Of the entries below, return only those lines from the line with "handle_emergency s io msg" to the line with "abbrev answer_request : Service", exactly, both included.

Segment Start: Records shown

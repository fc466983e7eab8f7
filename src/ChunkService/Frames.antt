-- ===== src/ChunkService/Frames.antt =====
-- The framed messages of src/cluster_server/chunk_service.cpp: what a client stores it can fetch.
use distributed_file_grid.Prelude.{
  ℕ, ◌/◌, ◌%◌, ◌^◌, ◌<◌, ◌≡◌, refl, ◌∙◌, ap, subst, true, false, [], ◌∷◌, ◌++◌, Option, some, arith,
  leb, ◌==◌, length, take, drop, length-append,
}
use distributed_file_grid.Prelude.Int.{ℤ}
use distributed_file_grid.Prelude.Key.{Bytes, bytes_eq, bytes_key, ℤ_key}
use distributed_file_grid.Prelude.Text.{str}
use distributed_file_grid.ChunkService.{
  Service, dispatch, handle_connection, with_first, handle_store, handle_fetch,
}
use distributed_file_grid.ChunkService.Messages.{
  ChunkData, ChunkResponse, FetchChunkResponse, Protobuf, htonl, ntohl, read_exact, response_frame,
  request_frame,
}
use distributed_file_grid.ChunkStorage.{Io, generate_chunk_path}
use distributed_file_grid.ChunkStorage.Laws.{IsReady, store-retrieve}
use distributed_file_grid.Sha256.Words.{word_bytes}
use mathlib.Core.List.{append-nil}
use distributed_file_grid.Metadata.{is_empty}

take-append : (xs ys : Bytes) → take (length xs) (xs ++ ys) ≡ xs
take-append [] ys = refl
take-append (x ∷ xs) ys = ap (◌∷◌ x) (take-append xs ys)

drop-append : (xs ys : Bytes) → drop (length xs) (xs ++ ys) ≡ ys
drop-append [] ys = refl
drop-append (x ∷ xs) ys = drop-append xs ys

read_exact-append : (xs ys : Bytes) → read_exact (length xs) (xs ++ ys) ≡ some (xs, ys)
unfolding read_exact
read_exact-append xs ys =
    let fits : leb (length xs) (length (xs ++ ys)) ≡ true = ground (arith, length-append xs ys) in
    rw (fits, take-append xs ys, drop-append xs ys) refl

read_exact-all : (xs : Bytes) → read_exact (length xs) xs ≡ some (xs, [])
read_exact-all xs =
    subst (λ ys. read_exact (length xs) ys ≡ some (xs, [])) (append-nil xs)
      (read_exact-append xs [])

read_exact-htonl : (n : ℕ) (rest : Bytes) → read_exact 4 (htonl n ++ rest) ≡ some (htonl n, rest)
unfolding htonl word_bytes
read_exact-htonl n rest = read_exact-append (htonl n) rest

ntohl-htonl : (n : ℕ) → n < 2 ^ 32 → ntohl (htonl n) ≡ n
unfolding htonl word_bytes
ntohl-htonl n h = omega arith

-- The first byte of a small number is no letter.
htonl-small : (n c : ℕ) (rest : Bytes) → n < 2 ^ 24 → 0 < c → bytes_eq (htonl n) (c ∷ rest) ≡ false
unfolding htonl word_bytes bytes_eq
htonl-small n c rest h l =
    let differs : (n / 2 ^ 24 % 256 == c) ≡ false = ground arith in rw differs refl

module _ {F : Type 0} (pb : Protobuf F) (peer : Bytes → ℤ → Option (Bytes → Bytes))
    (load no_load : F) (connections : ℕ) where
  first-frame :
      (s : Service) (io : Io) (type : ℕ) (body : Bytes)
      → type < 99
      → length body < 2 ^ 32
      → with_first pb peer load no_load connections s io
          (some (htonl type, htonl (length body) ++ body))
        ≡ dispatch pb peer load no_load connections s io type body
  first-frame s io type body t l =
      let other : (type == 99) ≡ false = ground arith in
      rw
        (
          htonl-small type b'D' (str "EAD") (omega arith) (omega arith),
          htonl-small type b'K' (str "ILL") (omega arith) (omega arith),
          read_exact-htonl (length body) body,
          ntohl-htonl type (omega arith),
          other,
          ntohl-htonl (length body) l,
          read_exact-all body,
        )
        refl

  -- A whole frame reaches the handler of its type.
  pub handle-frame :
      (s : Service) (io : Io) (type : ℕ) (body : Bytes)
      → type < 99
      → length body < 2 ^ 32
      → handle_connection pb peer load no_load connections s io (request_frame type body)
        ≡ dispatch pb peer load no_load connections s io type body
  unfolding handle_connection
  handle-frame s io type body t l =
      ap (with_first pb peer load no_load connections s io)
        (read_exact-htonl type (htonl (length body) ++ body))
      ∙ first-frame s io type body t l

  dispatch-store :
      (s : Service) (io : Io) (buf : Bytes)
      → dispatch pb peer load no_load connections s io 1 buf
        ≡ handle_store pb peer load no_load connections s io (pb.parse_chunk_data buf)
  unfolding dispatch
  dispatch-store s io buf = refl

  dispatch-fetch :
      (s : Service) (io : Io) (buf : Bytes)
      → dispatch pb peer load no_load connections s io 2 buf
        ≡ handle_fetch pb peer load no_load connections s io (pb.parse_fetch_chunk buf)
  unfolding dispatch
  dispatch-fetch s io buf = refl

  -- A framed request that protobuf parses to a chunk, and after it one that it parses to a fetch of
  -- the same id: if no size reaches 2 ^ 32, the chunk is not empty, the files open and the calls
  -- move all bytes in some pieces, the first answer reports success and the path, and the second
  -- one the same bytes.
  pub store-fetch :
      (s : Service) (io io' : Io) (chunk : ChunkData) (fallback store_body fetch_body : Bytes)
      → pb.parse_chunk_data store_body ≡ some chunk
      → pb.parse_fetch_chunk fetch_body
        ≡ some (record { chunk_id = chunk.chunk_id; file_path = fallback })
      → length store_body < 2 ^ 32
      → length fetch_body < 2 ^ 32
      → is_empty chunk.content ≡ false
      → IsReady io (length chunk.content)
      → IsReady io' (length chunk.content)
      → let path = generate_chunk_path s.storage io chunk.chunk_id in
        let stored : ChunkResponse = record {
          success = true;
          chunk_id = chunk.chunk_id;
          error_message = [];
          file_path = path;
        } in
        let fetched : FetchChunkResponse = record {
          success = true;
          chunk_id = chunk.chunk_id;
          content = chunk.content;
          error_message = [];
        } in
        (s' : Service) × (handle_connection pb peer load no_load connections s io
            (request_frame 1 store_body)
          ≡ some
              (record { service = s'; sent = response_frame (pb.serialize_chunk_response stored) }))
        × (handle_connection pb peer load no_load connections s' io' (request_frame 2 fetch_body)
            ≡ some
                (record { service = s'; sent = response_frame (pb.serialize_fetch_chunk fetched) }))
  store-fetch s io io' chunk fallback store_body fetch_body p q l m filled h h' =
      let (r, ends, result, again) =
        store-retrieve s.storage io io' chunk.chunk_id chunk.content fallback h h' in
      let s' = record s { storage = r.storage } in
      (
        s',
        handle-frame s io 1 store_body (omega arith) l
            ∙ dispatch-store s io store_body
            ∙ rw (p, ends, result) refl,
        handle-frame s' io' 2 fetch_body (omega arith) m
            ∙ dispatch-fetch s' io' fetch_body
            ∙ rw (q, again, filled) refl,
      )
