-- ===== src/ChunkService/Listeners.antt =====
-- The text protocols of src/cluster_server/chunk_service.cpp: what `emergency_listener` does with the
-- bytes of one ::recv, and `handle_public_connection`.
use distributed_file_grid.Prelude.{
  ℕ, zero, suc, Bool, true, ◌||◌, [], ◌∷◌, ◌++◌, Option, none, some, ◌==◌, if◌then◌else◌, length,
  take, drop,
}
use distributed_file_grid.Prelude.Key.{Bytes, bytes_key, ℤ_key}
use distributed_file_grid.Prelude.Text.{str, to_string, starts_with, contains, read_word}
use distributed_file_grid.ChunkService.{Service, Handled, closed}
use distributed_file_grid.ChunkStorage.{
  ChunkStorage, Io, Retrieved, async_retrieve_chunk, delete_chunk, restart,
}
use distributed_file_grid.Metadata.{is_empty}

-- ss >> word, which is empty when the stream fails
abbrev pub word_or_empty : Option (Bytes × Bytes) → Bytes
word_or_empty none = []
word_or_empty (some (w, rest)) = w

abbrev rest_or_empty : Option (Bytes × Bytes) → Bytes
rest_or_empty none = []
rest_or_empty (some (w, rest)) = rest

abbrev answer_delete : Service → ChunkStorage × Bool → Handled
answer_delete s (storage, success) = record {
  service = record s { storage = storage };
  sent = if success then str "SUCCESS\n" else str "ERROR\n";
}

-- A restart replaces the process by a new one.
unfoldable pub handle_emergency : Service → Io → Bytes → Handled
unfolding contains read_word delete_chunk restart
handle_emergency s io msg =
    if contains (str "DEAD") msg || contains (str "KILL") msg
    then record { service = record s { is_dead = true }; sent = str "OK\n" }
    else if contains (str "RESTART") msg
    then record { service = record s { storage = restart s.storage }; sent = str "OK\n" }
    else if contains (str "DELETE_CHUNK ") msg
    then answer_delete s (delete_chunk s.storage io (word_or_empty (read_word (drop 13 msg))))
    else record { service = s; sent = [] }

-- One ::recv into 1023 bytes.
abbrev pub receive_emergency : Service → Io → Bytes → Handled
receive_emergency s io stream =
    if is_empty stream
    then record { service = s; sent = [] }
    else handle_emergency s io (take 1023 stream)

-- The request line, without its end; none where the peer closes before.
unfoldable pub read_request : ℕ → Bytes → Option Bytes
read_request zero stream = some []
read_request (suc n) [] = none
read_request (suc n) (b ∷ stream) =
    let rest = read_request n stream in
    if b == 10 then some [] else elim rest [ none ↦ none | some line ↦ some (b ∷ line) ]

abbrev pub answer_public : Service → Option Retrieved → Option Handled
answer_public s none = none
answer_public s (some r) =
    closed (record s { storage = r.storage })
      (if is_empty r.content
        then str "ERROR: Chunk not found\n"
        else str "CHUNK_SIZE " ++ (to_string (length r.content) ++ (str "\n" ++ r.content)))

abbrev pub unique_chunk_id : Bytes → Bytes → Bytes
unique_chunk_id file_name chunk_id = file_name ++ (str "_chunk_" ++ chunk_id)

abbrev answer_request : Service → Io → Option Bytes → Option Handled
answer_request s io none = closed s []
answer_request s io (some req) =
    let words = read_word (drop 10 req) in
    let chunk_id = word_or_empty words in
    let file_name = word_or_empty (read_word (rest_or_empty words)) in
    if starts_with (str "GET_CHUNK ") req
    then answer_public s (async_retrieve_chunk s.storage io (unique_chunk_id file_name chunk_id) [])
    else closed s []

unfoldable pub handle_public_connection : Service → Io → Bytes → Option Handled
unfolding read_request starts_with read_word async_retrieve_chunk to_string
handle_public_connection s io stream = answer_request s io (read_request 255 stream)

Segment End: Records shown
Segment Start: Records shown

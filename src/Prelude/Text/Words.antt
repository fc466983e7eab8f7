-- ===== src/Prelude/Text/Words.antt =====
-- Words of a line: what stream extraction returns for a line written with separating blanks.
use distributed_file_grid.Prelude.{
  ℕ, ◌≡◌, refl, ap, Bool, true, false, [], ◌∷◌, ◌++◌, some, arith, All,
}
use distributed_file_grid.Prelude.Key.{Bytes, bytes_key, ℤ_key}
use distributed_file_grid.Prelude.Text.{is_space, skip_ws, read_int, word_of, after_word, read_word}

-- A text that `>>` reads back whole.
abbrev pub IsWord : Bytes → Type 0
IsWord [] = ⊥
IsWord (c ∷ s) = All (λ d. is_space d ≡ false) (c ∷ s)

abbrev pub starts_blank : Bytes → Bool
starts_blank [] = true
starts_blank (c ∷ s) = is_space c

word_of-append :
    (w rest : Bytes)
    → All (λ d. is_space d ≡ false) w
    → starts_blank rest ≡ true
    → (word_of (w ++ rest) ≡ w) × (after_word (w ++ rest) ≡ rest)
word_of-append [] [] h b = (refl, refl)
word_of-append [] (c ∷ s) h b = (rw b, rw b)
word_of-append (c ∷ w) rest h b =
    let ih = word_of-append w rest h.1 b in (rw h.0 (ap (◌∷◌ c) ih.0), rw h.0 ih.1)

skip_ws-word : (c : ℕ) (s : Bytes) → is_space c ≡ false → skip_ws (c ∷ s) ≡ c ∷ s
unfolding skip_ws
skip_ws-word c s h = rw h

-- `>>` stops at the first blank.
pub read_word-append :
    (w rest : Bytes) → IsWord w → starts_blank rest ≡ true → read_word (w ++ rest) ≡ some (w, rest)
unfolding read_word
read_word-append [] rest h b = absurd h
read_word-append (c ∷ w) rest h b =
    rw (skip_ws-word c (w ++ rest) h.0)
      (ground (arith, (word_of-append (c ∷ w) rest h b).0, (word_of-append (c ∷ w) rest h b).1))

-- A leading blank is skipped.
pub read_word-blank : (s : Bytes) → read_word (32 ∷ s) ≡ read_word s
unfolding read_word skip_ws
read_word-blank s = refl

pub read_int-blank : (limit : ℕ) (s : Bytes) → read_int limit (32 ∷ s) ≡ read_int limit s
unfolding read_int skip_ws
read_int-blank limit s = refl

Segment End: Records shown
Segment Start: Records shown

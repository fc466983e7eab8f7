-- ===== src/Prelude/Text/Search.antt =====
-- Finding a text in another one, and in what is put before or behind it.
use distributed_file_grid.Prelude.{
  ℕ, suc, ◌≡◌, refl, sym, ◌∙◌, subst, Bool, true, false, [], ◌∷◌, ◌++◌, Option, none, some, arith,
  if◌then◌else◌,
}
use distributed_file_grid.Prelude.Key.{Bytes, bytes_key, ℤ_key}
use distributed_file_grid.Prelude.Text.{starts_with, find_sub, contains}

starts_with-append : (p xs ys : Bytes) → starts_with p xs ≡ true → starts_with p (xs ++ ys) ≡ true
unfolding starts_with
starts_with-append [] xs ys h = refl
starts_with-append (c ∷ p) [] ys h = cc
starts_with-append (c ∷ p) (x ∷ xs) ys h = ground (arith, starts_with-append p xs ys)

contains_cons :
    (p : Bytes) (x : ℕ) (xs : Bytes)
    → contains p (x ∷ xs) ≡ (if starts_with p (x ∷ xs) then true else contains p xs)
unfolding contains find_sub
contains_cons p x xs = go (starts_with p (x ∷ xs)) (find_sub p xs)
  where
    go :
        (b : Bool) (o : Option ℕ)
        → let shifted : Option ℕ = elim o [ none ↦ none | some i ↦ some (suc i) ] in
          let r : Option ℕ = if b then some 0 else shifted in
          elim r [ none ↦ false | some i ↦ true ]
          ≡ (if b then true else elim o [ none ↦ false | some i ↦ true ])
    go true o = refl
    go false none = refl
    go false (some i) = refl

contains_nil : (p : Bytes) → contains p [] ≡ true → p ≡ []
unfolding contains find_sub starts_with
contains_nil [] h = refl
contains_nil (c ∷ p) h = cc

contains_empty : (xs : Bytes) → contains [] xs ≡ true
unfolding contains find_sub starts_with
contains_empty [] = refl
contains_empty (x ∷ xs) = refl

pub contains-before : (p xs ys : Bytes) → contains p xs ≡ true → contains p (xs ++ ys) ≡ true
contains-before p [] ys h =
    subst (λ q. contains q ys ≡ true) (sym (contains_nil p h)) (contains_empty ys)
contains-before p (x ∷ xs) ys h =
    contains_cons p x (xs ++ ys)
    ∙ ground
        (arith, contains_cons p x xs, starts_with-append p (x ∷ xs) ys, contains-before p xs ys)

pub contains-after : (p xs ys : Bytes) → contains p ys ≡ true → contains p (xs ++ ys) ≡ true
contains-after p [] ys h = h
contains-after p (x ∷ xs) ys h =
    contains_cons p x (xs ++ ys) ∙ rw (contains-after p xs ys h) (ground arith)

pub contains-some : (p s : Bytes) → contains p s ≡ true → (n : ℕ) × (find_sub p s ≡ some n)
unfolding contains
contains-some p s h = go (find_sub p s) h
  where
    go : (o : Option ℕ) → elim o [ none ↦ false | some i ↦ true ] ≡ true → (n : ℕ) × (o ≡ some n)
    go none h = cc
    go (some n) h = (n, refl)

Segment End: Records shown

* **Task result**:
handle_emergency s io msg =
    if contains (str "DEAD") msg || contains (str "KILL") msg
    then record { service = record s { is_dead = true }; sent = str "OK\n" }
    else if contains (str "RESTART") msg
    then record { service = record s { storage = restart s.storage }; sent = str "OK\n" }
    else if contains (str "DELETE_CHUNK ") msg
    then answer_delete s (delete_chunk s.storage io (word_or_empty (read_word (drop 13 msg))))
    else record { service = s; sent = [] }

-- One ::recv into 1023 bytes.
abbrev pub receive_emergency : Service → Io → Bytes → Handled
receive_emergency s io stream =
    if is_empty stream
    then record { service = s; sent = [] }
    else handle_emergency s io (take 1023 stream)

-- The request line, without its end; none where the peer closes before.
unfoldable pub read_request : ℕ → Bytes → Option Bytes
read_request zero stream = some []
read_request (suc n) [] = none
read_request (suc n) (b ∷ stream) =
    let rest = read_request n stream in
    if b == 10 then some [] else elim rest [ none ↦ none | some line ↦ some (b ∷ line) ]

abbrev pub answer_public : Service → Option Retrieved → Option Handled
answer_public s none = none
answer_public s (some r) =
    closed (record s { storage = r.storage })
      (if is_empty r.content
        then str "ERROR: Chunk not found\n"
        else str "CHUNK_SIZE " ++ (to_string (length r.content) ++ (str "\n" ++ r.content)))

abbrev pub unique_chunk_id : Bytes → Bytes → Bytes
unique_chunk_id file_name chunk_id = file_name ++ (str "_chunk_" ++ chunk_id)

abbrev answer_request : Service → Io → Option Bytes → Option Handled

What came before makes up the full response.